• INPUT RECORDS:
◇ ◇ ◇ ◇

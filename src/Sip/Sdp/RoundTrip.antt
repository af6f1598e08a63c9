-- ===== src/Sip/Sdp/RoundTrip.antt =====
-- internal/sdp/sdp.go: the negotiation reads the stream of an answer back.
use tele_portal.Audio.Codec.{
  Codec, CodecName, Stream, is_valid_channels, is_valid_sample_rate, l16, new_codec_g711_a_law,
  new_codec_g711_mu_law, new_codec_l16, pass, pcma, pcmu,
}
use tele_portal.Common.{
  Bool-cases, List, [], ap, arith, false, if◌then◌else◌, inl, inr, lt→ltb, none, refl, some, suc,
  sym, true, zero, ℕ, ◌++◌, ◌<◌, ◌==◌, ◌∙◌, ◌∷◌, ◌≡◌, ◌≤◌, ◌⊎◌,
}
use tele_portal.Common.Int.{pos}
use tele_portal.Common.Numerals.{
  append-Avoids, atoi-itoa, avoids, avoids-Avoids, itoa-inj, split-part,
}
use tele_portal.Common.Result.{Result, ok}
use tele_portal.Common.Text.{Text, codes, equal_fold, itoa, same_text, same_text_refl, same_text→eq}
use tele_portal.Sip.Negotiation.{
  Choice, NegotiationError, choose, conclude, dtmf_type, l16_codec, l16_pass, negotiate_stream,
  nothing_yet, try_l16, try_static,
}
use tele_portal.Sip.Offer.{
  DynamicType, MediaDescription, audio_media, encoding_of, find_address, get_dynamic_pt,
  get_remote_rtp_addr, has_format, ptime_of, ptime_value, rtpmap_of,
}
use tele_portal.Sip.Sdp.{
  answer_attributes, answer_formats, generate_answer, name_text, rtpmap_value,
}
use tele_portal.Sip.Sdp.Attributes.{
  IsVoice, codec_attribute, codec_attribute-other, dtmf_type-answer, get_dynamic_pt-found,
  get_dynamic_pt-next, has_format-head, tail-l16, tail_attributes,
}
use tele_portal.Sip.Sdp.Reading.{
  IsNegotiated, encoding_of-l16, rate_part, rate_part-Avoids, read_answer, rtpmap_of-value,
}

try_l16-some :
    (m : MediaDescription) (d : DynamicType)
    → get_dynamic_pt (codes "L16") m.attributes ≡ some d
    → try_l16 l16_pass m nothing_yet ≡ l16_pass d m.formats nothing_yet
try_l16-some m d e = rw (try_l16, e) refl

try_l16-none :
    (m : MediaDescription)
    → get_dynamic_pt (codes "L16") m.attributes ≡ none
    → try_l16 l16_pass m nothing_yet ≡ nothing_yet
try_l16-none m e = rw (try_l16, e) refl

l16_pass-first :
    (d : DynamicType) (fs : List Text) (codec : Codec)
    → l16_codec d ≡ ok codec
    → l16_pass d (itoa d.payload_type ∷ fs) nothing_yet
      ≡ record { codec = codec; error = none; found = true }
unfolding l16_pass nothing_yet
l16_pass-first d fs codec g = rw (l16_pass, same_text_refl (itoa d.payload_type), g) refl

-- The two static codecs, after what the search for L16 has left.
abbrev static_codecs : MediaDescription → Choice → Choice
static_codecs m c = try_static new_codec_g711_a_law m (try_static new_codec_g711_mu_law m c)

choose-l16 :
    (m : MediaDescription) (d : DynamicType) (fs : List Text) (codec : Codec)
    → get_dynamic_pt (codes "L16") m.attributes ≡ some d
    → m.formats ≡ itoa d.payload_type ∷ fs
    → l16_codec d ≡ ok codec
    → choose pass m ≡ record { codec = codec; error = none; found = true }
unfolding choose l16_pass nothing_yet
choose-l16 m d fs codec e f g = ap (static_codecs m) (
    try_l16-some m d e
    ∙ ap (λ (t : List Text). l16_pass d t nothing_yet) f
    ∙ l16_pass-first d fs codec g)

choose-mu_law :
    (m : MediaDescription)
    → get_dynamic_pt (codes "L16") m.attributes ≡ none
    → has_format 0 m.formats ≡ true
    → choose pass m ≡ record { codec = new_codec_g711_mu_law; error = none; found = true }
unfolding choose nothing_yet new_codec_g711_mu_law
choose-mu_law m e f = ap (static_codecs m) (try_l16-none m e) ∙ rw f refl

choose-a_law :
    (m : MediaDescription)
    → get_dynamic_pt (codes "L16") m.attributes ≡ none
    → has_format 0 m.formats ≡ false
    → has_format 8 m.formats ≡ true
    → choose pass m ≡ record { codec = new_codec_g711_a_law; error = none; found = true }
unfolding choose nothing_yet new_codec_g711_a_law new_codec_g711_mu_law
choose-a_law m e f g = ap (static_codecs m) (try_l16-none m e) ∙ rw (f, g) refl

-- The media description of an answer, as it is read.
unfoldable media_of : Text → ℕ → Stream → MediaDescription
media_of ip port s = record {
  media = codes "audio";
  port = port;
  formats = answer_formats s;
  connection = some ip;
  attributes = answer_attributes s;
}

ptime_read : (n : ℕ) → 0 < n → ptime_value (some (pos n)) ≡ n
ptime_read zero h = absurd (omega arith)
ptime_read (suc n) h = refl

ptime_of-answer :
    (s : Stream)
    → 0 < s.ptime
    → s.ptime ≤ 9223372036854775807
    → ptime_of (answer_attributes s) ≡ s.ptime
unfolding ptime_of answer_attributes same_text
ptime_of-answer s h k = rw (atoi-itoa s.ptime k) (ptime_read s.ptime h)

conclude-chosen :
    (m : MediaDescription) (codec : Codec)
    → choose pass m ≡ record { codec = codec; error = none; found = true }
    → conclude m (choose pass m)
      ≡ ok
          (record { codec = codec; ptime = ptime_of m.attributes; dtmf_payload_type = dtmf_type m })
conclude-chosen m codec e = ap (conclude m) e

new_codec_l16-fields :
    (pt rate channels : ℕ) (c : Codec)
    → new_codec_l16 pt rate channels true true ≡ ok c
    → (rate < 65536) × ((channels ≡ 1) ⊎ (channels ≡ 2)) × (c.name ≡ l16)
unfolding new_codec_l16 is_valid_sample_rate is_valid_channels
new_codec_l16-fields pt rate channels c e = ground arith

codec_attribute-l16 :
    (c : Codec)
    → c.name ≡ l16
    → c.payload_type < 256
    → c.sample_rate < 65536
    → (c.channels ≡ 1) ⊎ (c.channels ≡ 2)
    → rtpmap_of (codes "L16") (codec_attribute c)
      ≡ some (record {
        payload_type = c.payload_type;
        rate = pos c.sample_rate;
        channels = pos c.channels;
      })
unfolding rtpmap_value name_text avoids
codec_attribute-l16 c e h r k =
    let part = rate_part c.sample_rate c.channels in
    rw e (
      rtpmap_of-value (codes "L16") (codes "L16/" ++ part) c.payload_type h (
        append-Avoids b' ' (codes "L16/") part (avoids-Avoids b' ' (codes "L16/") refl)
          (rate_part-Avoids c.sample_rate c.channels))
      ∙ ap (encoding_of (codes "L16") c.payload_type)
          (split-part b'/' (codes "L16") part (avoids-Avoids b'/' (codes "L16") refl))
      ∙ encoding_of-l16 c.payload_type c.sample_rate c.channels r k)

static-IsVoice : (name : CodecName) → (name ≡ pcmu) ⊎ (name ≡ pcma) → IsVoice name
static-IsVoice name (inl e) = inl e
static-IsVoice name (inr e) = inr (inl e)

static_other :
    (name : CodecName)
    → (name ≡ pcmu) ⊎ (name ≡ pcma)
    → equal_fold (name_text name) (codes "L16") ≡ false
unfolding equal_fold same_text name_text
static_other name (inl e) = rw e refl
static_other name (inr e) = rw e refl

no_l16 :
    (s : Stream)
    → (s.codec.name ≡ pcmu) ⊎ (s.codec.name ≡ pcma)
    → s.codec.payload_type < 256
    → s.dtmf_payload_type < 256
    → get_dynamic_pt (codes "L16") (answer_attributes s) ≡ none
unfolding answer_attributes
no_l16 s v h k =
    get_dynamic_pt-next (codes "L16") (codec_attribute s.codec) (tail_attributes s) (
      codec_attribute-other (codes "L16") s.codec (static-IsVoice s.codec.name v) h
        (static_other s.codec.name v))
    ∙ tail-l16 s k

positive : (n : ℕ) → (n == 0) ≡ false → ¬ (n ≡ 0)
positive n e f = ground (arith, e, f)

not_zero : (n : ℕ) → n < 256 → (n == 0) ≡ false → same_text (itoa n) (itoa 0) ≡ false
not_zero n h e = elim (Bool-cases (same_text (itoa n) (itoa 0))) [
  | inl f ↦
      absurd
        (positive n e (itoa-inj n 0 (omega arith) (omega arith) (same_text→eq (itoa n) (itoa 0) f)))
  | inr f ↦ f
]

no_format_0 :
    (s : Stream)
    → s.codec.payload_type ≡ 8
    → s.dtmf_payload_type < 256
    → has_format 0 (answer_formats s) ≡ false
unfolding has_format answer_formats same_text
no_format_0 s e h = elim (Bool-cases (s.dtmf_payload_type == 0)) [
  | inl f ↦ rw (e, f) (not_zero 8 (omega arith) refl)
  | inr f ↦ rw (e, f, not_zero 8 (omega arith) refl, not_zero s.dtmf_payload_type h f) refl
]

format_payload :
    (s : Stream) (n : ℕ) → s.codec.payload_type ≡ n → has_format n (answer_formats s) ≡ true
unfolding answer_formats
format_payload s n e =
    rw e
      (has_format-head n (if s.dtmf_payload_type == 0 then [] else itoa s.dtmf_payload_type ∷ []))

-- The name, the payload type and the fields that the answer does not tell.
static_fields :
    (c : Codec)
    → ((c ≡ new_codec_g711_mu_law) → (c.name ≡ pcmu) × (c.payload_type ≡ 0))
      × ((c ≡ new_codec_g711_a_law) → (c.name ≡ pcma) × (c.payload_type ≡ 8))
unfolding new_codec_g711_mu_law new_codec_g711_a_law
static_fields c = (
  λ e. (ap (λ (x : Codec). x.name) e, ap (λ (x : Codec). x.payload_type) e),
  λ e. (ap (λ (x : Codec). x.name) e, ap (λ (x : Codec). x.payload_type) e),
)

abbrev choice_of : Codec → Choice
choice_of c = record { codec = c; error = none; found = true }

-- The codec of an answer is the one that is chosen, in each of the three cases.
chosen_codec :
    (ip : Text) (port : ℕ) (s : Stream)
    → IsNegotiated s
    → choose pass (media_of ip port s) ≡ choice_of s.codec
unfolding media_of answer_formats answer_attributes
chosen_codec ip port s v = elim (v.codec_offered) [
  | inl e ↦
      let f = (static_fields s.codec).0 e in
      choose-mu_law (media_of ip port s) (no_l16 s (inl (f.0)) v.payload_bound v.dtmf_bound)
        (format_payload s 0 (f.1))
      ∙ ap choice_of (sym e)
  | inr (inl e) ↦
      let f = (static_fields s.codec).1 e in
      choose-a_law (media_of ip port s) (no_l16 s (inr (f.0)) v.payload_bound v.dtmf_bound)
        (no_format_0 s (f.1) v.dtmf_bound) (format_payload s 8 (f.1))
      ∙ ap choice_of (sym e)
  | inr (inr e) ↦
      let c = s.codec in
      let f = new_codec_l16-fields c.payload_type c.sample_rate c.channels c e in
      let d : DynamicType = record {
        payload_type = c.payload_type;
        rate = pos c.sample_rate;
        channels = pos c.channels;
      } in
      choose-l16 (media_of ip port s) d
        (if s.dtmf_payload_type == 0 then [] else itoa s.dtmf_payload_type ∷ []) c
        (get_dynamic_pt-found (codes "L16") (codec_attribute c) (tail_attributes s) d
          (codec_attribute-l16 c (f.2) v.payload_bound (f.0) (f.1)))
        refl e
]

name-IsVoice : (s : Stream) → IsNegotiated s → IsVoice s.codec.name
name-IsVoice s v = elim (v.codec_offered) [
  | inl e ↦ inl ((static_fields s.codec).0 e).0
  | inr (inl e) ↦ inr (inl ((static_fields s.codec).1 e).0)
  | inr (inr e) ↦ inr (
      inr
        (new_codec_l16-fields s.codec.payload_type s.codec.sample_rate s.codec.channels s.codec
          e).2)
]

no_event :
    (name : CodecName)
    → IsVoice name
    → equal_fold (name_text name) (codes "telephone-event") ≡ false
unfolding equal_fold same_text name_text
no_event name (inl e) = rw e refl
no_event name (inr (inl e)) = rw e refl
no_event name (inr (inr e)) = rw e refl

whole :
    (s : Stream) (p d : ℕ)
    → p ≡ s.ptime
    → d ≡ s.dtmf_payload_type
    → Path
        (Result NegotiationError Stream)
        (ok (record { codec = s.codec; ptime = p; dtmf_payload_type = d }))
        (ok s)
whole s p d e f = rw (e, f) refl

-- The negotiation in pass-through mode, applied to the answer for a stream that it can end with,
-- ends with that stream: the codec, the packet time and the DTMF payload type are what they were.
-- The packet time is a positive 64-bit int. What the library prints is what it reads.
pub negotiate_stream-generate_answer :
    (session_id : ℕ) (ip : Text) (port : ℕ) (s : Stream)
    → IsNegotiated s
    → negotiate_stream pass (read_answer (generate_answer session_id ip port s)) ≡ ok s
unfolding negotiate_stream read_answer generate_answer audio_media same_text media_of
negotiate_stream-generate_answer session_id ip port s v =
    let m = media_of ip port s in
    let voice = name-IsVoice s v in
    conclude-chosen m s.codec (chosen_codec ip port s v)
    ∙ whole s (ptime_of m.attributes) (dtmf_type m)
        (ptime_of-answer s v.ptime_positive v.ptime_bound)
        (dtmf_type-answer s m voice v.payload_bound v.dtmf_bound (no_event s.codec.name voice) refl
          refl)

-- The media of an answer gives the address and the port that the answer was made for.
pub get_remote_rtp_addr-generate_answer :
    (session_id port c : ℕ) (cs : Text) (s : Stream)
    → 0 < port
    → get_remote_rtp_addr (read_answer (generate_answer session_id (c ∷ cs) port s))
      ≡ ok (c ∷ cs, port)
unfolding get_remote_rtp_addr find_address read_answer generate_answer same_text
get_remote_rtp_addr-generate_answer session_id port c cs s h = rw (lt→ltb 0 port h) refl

◇ ◇ ◇ ◇

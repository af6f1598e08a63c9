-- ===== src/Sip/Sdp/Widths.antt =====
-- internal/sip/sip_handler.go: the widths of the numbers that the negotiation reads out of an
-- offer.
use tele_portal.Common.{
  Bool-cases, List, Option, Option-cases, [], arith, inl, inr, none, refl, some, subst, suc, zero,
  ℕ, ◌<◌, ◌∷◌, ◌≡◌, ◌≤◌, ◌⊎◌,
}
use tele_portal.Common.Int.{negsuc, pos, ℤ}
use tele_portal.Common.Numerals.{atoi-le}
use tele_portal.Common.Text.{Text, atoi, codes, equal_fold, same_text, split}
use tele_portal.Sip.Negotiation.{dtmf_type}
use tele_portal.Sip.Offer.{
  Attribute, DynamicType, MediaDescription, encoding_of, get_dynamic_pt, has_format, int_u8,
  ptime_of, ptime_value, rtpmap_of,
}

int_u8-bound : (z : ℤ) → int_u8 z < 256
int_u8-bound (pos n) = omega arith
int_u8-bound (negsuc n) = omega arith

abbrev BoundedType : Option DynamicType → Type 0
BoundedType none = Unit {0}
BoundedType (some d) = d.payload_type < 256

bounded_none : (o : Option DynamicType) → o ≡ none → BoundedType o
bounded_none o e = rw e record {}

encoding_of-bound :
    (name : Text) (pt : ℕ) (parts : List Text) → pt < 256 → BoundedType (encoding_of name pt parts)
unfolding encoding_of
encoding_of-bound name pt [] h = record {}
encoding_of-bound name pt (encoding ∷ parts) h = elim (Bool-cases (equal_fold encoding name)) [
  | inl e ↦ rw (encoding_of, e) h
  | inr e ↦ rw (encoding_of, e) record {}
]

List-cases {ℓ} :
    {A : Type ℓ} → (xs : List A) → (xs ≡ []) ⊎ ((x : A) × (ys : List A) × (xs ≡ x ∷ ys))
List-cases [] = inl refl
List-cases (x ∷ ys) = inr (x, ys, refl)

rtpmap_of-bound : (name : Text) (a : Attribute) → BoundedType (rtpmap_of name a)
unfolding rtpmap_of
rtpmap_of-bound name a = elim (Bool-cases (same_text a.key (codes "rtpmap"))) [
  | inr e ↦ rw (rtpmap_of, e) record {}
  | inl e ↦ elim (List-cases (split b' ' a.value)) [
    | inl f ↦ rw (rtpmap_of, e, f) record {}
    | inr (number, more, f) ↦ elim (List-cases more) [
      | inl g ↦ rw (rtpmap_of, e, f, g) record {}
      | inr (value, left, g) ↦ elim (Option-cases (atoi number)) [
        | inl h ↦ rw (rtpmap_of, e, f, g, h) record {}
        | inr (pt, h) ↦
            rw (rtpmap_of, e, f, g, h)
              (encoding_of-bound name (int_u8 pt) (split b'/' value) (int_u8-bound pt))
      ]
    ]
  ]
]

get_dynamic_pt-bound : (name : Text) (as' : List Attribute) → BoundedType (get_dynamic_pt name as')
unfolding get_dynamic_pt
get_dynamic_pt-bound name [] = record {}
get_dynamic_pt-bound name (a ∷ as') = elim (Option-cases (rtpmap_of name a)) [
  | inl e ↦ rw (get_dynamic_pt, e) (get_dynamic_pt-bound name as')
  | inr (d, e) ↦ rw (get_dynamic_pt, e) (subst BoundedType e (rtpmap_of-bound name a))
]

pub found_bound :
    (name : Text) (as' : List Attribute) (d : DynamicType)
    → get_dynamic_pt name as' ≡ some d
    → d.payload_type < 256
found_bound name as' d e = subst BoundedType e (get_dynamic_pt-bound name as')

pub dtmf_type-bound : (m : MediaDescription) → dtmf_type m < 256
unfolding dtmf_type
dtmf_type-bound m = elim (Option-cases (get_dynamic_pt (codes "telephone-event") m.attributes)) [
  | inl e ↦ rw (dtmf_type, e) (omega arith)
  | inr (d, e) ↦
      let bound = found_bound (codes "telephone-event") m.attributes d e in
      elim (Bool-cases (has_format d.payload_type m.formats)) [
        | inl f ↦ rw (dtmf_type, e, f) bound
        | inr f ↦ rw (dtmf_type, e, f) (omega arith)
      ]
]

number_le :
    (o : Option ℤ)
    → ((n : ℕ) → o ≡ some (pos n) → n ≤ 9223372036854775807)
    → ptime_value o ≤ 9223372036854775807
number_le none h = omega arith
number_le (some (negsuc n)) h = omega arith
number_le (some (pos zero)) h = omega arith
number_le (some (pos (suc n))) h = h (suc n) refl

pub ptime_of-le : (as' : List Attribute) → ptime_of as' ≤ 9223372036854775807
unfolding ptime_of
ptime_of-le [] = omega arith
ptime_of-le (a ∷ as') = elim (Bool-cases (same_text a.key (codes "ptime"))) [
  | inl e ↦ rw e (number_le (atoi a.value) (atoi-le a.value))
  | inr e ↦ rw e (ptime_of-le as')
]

◇ ◇ ◇ ◇

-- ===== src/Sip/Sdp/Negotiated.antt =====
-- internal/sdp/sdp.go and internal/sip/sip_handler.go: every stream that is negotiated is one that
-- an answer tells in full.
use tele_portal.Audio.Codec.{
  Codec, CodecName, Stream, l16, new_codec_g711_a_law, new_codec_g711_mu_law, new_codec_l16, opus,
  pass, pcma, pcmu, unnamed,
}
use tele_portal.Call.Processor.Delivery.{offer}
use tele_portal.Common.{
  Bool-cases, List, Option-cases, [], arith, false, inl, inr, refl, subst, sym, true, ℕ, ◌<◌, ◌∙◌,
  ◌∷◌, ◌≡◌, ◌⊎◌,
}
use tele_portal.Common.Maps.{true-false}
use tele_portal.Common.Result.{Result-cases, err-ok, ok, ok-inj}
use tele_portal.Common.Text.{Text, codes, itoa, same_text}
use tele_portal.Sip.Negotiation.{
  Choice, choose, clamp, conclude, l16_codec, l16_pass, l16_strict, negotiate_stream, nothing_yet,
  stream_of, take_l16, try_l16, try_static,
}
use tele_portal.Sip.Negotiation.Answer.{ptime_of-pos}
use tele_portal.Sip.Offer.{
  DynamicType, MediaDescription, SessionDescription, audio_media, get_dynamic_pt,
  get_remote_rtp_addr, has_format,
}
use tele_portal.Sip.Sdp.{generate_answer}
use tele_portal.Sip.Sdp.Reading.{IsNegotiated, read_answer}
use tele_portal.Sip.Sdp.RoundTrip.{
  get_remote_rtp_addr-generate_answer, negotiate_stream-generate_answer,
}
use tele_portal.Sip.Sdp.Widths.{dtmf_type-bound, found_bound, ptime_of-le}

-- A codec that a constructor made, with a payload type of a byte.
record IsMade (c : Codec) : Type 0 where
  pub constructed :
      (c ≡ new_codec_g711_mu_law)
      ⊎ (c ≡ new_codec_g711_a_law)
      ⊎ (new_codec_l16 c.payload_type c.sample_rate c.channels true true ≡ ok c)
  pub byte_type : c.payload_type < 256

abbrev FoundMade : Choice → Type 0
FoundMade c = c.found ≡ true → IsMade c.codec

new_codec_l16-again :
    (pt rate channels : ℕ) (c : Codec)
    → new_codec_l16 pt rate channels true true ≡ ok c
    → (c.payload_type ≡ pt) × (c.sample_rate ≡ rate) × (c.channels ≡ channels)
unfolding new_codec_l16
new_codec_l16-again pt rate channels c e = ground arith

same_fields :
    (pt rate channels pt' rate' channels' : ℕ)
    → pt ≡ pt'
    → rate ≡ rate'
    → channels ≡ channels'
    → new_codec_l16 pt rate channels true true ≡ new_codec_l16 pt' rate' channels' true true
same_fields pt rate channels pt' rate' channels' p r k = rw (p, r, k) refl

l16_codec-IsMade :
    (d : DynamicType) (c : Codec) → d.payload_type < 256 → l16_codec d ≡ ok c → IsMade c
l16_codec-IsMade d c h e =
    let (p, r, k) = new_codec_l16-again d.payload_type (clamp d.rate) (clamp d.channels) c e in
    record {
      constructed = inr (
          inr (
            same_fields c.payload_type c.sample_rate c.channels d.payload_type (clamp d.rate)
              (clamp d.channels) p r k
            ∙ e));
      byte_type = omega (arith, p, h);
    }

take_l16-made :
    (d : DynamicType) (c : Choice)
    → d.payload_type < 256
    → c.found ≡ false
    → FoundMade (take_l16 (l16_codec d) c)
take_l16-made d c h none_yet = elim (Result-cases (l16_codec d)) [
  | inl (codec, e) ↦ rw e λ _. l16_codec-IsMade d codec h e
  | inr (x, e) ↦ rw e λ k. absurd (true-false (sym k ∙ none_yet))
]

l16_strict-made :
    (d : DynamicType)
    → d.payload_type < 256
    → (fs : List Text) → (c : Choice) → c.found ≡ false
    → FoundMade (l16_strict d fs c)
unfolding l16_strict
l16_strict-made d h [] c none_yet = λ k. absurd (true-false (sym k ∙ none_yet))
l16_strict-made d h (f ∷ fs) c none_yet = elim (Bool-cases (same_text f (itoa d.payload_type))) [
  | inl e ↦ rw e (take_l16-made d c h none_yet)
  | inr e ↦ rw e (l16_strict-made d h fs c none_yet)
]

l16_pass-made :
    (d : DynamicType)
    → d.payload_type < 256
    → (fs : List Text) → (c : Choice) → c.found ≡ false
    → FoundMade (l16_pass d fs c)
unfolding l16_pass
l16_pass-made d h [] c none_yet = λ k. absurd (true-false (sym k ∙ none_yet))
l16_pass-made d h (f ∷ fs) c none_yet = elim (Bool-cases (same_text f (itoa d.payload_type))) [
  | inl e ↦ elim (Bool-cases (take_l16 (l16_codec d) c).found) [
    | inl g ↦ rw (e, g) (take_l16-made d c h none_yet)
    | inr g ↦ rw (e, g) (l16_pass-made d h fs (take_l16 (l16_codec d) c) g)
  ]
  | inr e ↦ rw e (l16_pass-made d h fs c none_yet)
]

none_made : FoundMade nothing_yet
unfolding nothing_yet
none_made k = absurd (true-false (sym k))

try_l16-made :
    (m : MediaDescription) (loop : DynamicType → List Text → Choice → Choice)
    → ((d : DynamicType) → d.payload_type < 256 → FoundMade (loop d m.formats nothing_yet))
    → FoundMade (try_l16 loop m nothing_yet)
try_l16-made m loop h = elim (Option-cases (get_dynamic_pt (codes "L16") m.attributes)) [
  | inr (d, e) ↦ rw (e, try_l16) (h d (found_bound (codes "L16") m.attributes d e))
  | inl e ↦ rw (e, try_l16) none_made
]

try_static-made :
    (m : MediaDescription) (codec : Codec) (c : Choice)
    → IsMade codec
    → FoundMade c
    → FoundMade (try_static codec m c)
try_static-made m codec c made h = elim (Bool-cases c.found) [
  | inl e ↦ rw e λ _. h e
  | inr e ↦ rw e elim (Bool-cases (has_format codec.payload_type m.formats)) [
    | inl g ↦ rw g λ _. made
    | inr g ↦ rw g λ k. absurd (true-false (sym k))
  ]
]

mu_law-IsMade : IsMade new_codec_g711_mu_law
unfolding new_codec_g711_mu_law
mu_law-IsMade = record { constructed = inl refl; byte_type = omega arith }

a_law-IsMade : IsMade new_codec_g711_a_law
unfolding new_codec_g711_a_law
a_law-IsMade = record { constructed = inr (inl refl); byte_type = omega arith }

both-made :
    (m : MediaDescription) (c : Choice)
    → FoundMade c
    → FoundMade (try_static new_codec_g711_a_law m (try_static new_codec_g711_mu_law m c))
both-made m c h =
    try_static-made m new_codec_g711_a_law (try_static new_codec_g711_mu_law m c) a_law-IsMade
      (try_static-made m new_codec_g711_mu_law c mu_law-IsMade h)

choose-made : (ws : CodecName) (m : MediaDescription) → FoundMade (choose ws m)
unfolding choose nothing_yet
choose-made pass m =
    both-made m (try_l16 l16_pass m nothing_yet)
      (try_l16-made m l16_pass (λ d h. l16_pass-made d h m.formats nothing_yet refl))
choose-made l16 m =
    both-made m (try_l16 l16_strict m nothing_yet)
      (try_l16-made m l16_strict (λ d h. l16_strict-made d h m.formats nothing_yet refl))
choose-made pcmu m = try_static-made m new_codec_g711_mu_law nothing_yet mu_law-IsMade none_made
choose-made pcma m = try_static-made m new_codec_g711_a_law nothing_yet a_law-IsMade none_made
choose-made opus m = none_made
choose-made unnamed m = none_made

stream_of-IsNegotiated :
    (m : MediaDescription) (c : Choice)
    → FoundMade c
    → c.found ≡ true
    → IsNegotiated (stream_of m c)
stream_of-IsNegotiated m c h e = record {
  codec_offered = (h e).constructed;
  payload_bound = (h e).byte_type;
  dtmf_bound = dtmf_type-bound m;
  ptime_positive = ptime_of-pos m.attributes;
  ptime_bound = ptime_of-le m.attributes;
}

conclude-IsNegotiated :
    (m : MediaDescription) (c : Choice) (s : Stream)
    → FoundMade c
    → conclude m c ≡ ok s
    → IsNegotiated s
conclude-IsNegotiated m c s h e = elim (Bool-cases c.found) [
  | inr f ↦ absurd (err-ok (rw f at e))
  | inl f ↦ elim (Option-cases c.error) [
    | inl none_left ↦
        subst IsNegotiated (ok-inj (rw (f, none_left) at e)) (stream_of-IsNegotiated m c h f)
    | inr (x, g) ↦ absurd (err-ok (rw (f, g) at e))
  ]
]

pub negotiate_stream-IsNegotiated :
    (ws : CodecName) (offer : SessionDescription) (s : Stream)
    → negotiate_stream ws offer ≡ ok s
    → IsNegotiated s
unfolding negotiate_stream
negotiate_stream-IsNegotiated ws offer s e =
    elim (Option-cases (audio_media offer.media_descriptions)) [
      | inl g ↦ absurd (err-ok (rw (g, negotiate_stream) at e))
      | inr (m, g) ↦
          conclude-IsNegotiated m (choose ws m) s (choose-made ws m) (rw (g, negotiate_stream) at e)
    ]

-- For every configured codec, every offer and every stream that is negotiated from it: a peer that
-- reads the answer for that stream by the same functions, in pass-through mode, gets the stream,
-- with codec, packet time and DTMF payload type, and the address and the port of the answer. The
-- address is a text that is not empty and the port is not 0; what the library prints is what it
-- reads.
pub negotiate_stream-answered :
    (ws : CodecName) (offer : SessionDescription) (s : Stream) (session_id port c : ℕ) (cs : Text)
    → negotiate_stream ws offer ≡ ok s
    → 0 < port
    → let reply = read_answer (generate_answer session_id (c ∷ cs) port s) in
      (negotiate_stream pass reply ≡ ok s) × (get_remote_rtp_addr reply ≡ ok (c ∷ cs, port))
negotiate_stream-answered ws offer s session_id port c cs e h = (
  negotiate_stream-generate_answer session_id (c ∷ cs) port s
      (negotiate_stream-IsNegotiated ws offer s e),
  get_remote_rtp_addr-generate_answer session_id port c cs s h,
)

◇ ◇ ◇ ◇

• EXERCISE DIRECTIONS: Within the listing above, locate the line containing "new_codec_l16-again pt rate" and the line containing "same_fields pt rate". Reproduce those two lines and all lines between them exactly, with nothing added.

• EXERCISE OUTPUT:
new_codec_l16-again pt rate channels c e = ground arith

same_fields :
    (pt rate channels pt' rate' channels' : ℕ)
    → pt ≡ pt'
    → rate ≡ rate'
    → channels ≡ channels'
    → new_codec_l16 pt rate channels true true ≡ new_codec_l16 pt' rate' channels' true true
same_fields pt rate channels pt' rate' channels' p r k = rw (p, r, k) refl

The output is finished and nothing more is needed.